Over the last few months, I’ve been involved in a lot of discussions about how to make software systems more efficient.
When we look at making software go faster, there are three basic approaches
- Pick a better algorithm
- Rearchitect software to take advantage of hardware
- Write more efficient software.
From about 1974 when Intel introduce the original 8080, up until 2004, conventional wisdom was that writing more efficient software was a losing proposition. By the time the more efficient software was written, Intel’s next generation processor would be released improving your code’s performance.
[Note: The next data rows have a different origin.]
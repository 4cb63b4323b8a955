-- ===== src/Election.antt =====
-- src/distributed_smb/application/election/{coordinator,timeout_watcher,env_state_buffer}.py: the
-- election's state machine, the failure detector and the buffer of the last snapshot. Times are
-- whole milliseconds.
pub mod Outcome
pub mod Timing
use mas_dsmb.Prelude.{
  ◌+◌, ◌*◌, ◌∷◌, if◌then◌else◌, ℕ, String, Bool, false, Option, none, some, List, [], ltb, leb,
  Result, ok, err, ◌>>=◌,
}

pub data ElectionState : Type 0 where
  idle election_pending claimed follower : ElectionState

pub data ElectionEvent : Type 0 where
  self_elected : String → ElectionEvent
  following_host : String → ℕ → ElectionEvent

-- `tick` in the pending state with no timer set.
pub data ElectionError : Type 0 where
  timer_not_set : ElectionError

pub record ElectionCoordinator : Type 0 where
  pub join_index : ℕ
  pub my_ip : String
  pub timeout_base : ℕ
  pub timeout_delta : ℕ
  pub state : ElectionState
  pub current_host_ip : Option String
  pub current_host_join_index : Option ℕ
  pub known_peers : List String
  pub election_timer_expiry : Option ℕ

unfoldable pub new_coordinator : ℕ → String → ℕ → ℕ → ElectionCoordinator
new_coordinator join_index my_ip timeout_base timeout_delta = record {
  join_index = join_index;
  my_ip = my_ip;
  timeout_base = timeout_base;
  timeout_delta = timeout_delta;
  state = idle;
  current_host_ip = none;
  current_host_join_index = none;
  known_peers = [];
  election_timer_expiry = none;
}

unfoldable pub start_election : List String → ElectionCoordinator → ElectionCoordinator
start_election known_peers c = record c {
  state = election_pending;
  known_peers = known_peers;
  current_host_ip = none;
  current_host_join_index = none;
}

unfoldable pub set_election_timer : ℕ → ElectionCoordinator → ElectionCoordinator
set_election_timer current_time c = record c {
  election_timer_expiry = some (current_time + (c.timeout_base + c.join_index * c.timeout_delta));
}

abbrev Ticked : Type 0
Ticked = Result ElectionError (ElectionCoordinator × Option ElectionEvent)

-- The tick in a state, with the timer's expiry.
abbrev pub tick_in : ElectionState → Option ℕ → ℕ → ElectionCoordinator → Ticked
tick_in election_pending none current_time c = err timer_not_set
tick_in election_pending (some expiry) current_time c =
    if leb expiry current_time
    then ok (record c { state = claimed }, some (self_elected c.my_ip))
    else ok (c, none)
tick_in _ _ current_time c = ok (c, none)

unfoldable pub tick :
    ℕ → ElectionCoordinator → Result ElectionError (ElectionCoordinator × Option ElectionEvent)
tick current_time c = tick_in c.state c.election_timer_expiry current_time c

unfoldable pub on_new_host_claim :
    ℕ → String → ElectionCoordinator → ElectionCoordinator × Option ElectionEvent
on_new_host_claim claimer_join_index claimer_ip c =
    if leb c.join_index claimer_join_index then (c, none) else (
      record c {
        state = follower;
        current_host_ip = some claimer_ip;
        current_host_join_index = some claimer_join_index;
        election_timer_expiry = none;
      },
      some (following_host claimer_ip claimer_join_index),
    )

-- `HostTimeoutWatcher`
pub record HostTimeoutWatcher : Type 0 where
  pub timeout : ℕ
  pub last_snapshot_time : Option ℕ

abbrev pub new_watcher : ℕ → HostTimeoutWatcher
new_watcher timeout = record { timeout = timeout; last_snapshot_time = none }

unfoldable pub reset_watcher : ℕ → HostTimeoutWatcher → HostTimeoutWatcher
reset_watcher timestamp w = record w { last_snapshot_time = some timestamp }

-- `(current_time - last) > timeout`, also where the clock has gone back.
unfoldable pub host_timed_out : ℕ → HostTimeoutWatcher → Bool
host_timed_out current_time w = elim w.last_snapshot_time [
  | none ↦ false
  | some last ↦ ltb (last + w.timeout) current_time
]

-- `EnvironmentalStateBuffer`, over the type of snapshots.
abbrev pub EnvironmentalStateBuffer : Type 0 → Type 0
EnvironmentalStateBuffer Snapshot = Option Snapshot

unfoldable pub update_buffer :
    {Snapshot : Type 0}
    → Snapshot
    → EnvironmentalStateBuffer Snapshot
    → EnvironmentalStateBuffer Snapshot
update_buffer snapshot buffer = some snapshot

-- What reaches a node during an election.
pub data Input : Type 0 where
  at_time : ℕ → Input
  claim : ℕ → String → Input

abbrev note : Option ElectionEvent → List ElectionEvent → List ElectionEvent
note none events = events
note (some e) events = e ∷ events

step : Input → ElectionCoordinator → Ticked
step (at_time t) c = tick t c
step (claim index ip) c = ok (on_new_host_claim index ip c)

-- The node's coordinator through a sequence of inputs, and the events that it emits, in order.
unfoldable pub run :
    List Input
    → ElectionCoordinator
    → Result ElectionError (ElectionCoordinator × List ElectionEvent)
unfolding step
run [] c = ok (c, [])
run (input ∷ rest) c = do
  (c', event) ← step input c
  (c'', events) ← run rest c'
  ok (c'', note event events)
The time you spent on making your software go faster, represented a lost opportunity to add features.
As a result, a generation of software engineers was taught of the evil of premature optimization.
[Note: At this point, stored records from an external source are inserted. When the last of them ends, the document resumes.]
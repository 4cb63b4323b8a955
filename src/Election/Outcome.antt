-- ===== src/Election/Outcome.antt =====
-- What an election comes to, for one node, whatever reaches it in whatever order.
use mas_dsmb.Prelude.{
  ◌≡◌, ◌∷◌, ◌∙◌, if◌then◌else◌, ℕ, suc, String, refl, sym, ap, inl, inr, Bool, true, false, Option,
  none, some, List, [], arith, leb, Bool-cases, ok,
}
use mathlib.Core.Option
use mas_dsmb.Election.{
  ElectionEvent, self_elected, following_host, Input, at_time, claim, ElectionState,
  ElectionCoordinator, run, step, election_pending, claimed, note, follower, on_new_host_claim,
  tick,
}

-- The last claim of a lower join index, or what was there before.
abbrev pub last_lower : ℕ → Option (ℕ × String) → List Input → Option (ℕ × String)
last_lower mine best [] = best
last_lower mine best (at_time t ∷ rest) = last_lower mine best rest
last_lower mine best (claim index ip ∷ rest) =
    last_lower mine (if leb mine index then best else some (index, ip)) rest

-- The timer expires at some input before any claim of a lower join index.
abbrev pub expires_first : ℕ → ℕ → List Input → Bool
expires_first mine expiry [] = false
expires_first mine expiry (at_time t ∷ rest) =
    let later = expires_first mine expiry rest in if leb expiry t then true else later
expires_first mine expiry (claim index ip ∷ rest) =
    let later = expires_first mine expiry rest in if leb mine index then later else false

-- How often the node elects itself.
abbrev pub self_elections : List ElectionEvent → ℕ
self_elections [] = 0
self_elections (self_elected ip ∷ rest) = suc (self_elections rest)
self_elections (following_host ip index ∷ rest) = self_elections rest

abbrev pub one_if : Bool → ℕ
one_if true = 1
one_if false = 0

-- The state of a node whose election is over.
abbrev pub settled_state : Option (ℕ × String) → ElectionState
settled_state none = claimed
settled_state (some _) = follower

abbrev pub final_state : Bool → Option (ℕ × String) → ElectionState
final_state false none = election_pending
final_state _ best = settled_state best

-- The coordinator follows this claim, or none.
pub record Follows (best : Option (ℕ × String)) (c : ElectionCoordinator) : Type 0 where
  pub index : c.current_host_join_index ≡ Option.map (λ b. b.0) best
  pub ip : c.current_host_ip ≡ Option.map (λ b. b.1) best

run-cons :
    (input : Input) (rest : List Input) (c : ElectionCoordinator) {c' c'' : ElectionCoordinator}
    {event : Option ElectionEvent} {events : List ElectionEvent}
    → step input c ≡ ok (c', event)
    → run rest c' ≡ ok (c'', events)
    → run (input ∷ rest) c ≡ ok (c'', note event events)
unfolding run
run-cons input rest c e f = rw (e, f)

-- The result of a run from a settled state.
pub record Settled (inputs : List Input) (c : ElectionCoordinator) (best : Option (ℕ × String))
    : Type 0 where
  pub after : ElectionCoordinator
  pub events : List ElectionEvent
  pub runs : run inputs c ≡ ok (after, events)
  pub quiet : self_elections events ≡ 0
  pub state : after.state ≡ settled_state (last_lower c.join_index best inputs)
  pub host : Follows (last_lower c.join_index best inputs) after

-- The coordinator that has followed a claim.
abbrev followed : ElectionCoordinator → ℕ → String → ElectionCoordinator
followed c index ip = record c {
  state = follower;
  current_host_ip = some ip;
  current_host_join_index = some index;
  election_timer_expiry = none;
}

step-tick_settled :
    (t : ℕ) (c : ElectionCoordinator) (best : Option (ℕ × String))
    → c.state ≡ settled_state best
    → step (at_time t) c ≡ ok (c, none)
unfolding step tick
step-tick_settled t c none at = ground arith
step-tick_settled t c (some b) at = ground arith

step-claim_ignored :
    (index : ℕ) (ip : String) (c : ElectionCoordinator)
    → leb c.join_index index ≡ true
    → step (claim index ip) c ≡ ok (c, none)
unfolding step on_new_host_claim
step-claim_ignored index ip c higher = rw higher

step-claim_followed :
    (index : ℕ) (ip : String) (c : ElectionCoordinator)
    → leb c.join_index index ≡ false
    → step (claim index ip) c ≡ ok (followed c index ip, some (following_host ip index))
unfolding step on_new_host_claim
step-claim_followed index ip c lower = rw lower

Settled-run :
    (inputs : List Input) (c : ElectionCoordinator) (best : Option (ℕ × String))
    → c.state ≡ settled_state best
    → Follows best c
    → Settled inputs c best
Settled-run [] c best at host = record {
  after = c;
  events = [];
  runs = unfold run in refl;
  quiet = refl;
  state = at;
  host = host;
}
Settled-run (at_time t ∷ rest) c best at host =
    let s = Settled-run rest c best at host in
    record {
      after = s.after;
      events = s.events;
      runs = run-cons (at_time t) rest c (step-tick_settled t c best at) s.runs;
      quiet = s.quiet;
      state = s.state;
      host = s.host;
    }
Settled-run (claim index ip ∷ rest) c best at host = elim (Bool-cases (leb c.join_index index)) [
  | inl higher ↦
      let s = Settled-run rest c best at host in
      record {
        after = s.after;
        events = s.events;
        runs = run-cons (claim index ip) rest c (step-claim_ignored index ip c higher) s.runs;
        quiet = s.quiet;
        state = rw higher s.state;
        host = rw higher s.host;
      }
  | inr lower ↦
      let s =
        Settled-run rest (followed c index ip) (some (index, ip)) refl
          (record { index = refl; ip = refl }) in
      record {
        after = s.after;
        events = following_host ip index ∷ s.events;
        runs = run-cons (claim index ip) rest c (step-claim_followed index ip c lower) s.runs;
        quiet = s.quiet;
        state = rw lower s.state;
        host = rw lower s.host;
      }
]

-- The result of a run from the start of an election.
pub record Elected (inputs : List Input) (c : ElectionCoordinator) (expiry : ℕ) : Type 0 where
  pub after : ElectionCoordinator
  pub events : List ElectionEvent
  pub runs : run inputs c ≡ ok (after, events)
  pub elections : self_elections events ≡ one_if (expires_first c.join_index expiry inputs)
  pub state :
      after.state
      ≡ final_state (expires_first c.join_index expiry inputs) (last_lower c.join_index none inputs)
  pub host : Follows (last_lower c.join_index none inputs) after

abbrev won : ElectionCoordinator → ElectionCoordinator
won c = record c { state = claimed }

step-tick_early :
    (t expiry : ℕ) (c : ElectionCoordinator)
    → c.state ≡ election_pending
    → c.election_timer_expiry ≡ some expiry
    → leb expiry t ≡ false
    → step (at_time t) c ≡ ok (c, none)
unfolding step tick
step-tick_early t expiry c at timer early = ground arith

step-tick_due :
    (t expiry : ℕ) (c : ElectionCoordinator)
    → c.state ≡ election_pending
    → c.election_timer_expiry ≡ some expiry
    → leb expiry t ≡ true
    → step (at_time t) c ≡ ok (won c, some (self_elected c.my_ip))
unfolding step tick
step-tick_due t expiry c at timer due = ground arith

final_state-true : (best : Option (ℕ × String)) → final_state true best ≡ settled_state best
final_state-true none = refl
final_state-true (some b) = refl

last_lower-some :
    (mine : ℕ) (b : ℕ × String) (inputs : List Input)
    → (b' : ℕ × String) × (last_lower mine (some b) inputs ≡ some b')
last_lower-some mine b [] = (b, refl)
last_lower-some mine b (at_time t ∷ rest) = last_lower-some mine b rest
last_lower-some mine b (claim index ip ∷ rest) = elim (Bool-cases (leb mine index)) [
  | inl higher ↦ rw higher (last_lower-some mine b rest)
  | inr lower ↦ rw lower (last_lower-some mine (index, ip) rest)
]

-- From a pending election whose timer is set, whatever reaches the node: it never raises; the node
-- elects itself once if its timer expires before any claim of a lower join index and never
-- otherwise; it ends as a follower of the last such claim if there was one, and else as a claimant
-- or still pending.
pub election_outcome :
    (inputs : List Input) (c : ElectionCoordinator) (expiry : ℕ)
    → c.state ≡ election_pending
    → c.election_timer_expiry ≡ some expiry
    → Follows none c
    → Elected inputs c expiry
election_outcome [] c expiry at timer host = record {
  after = c;
  events = [];
  runs = unfold run in refl;
  elections = refl;
  state = at;
  host = host;
}
election_outcome (at_time t ∷ rest) c expiry at timer host = elim (Bool-cases (leb expiry t)) [
  | inl due ↦
      let s = Settled-run rest (won c) none refl (record { index = host.index; ip = host.ip }) in
      record {
        after = s.after;
        events = self_elected c.my_ip ∷ s.events;
        runs = run-cons (at_time t) rest c (step-tick_due t expiry c at timer due) s.runs;
        elections = rw due (ap suc s.quiet);
        state = rw due (s.state ∙ sym (final_state-true _));
        host = s.host;
      }
  | inr early ↦
      let s = election_outcome rest c expiry at timer host in
      record {
        after = s.after;
        events = s.events;
        runs = run-cons (at_time t) rest c (step-tick_early t expiry c at timer early) s.runs;
        elections = rw early s.elections;
        state = rw early s.state;
        host = s.host;
      }
]
election_outcome (claim index ip ∷ rest) c expiry at timer host =
    elim (Bool-cases (leb c.join_index index)) [
      | inl higher ↦
          let s = election_outcome rest c expiry at timer host in
          record {
            after = s.after;
            events = s.events;
            runs = run-cons (claim index ip) rest c (step-claim_ignored index ip c higher) s.runs;
            elections = rw higher s.elections;
            state = rw higher s.state;
            host = rw higher s.host;
          }
      | inr lower ↦
          let s =
            Settled-run rest (followed c index ip) (some (index, ip)) refl
              (record { index = refl; ip = refl }) in
          record {
            after = s.after;
            events = following_host ip index ∷ s.events;
            runs = run-cons (claim index ip) rest c (step-claim_followed index ip c lower) s.runs;
            elections = rw lower s.quiet;
            state =
                rw lower
                  (s.state ∙ sym (final_some (last_lower-some c.join_index (index, ip) rest)));
            host = rw lower s.host;
          }
    ]
  where
    final_some :
        {best : Option (ℕ × String)}
        → ((b : ℕ × String) × (best ≡ some b))
        → final_state false best ≡ settled_state best
    final_some (b, e) = rw e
Textbooks, and teachers routinely admonished their students to write correct code, and not efficient and correct code.
Starting in 2005 with the shift to multi-core processors making software go fast was about taking advantage of multiple cores.
Software developers had to adapt their systems to be multi-threaded.
At the same time, software developers noticed that the number of cores per system was limited and to get ever increasing scale, they had to be able to leverage multiple systems.
And thus the era of scale out distributed architectures began.
In this era, software engineers had to create new algorithms and new software architectures, and writing efficient code was still not viewed as an important part of delivering ever faster software.
See from 1974 to 2015, the name of the game was to use more and more hardware to make your software go faster without any consideration to how efficient the software is. From 1974 to 2004, you just waited for the next processor. From 2004 to 2015 you re-architected your software to take advantage of more cores and then later to scale out to more systems.
And by 2012, writing large scale distributed systems was easy. A combination of established frameworks and patterns made it easy to build a system that scaled to hundreds of systems.
Software engineering had discovered the magic elixir to ever increasing performance. We could harness an increasingly large number of systems combined with multi-threaded code to get infinite performance.
If the 1975-2004 era made writing efficient code of dubious value, the scale-out age made it even more questionable because you could just add more systems to improve performance.
High-level languages, coupled with clever system architectures could make anyone deliver an application at scale with minimal effort.
Was this the end of history?
It turns out that large scale-out systems are expensive. Much like processors hit a power wall, massive data centers that consume huge amounts of energy are expensive. And companies started to wonder how do I reduce the power bill?
And the answer was to make the code go more efficiently. And we saw things like Hip-hop emerge, and Rust. Hip-hop tried to optimize code. Rust tries to provide a better language for writing efficient code. And in parallel we see programming languages like Node.js and Go become popular because they allow for more efficient code.
Software efficiency has become valuable again. The third pillar of software performance after a 40-year wait is the belle of the ball.
And what is interesting is that the software systems of the last 40 years are ridiculously inefficient. Software engineers assumed hardware was free. And because software engineers made that assumption, large chunks of software are very inefficient.
The challenge facing our industry is that to improve the efficiency of software we will either have to rewrite the software or figure out how to automatically improve performance without relying on hardware. No white knight is coming to save us.
And we are now looking at the world where performance and scale are not just going to be a function of the algorithms, and the architectures, but of the constants. And in this brave new world, writing efficient and correct code will be the name of the game.
We will not only have to scale out and up, we will also have to do so efficiently.
Put differently, perhaps there is no longer such a thing as a premature optimization?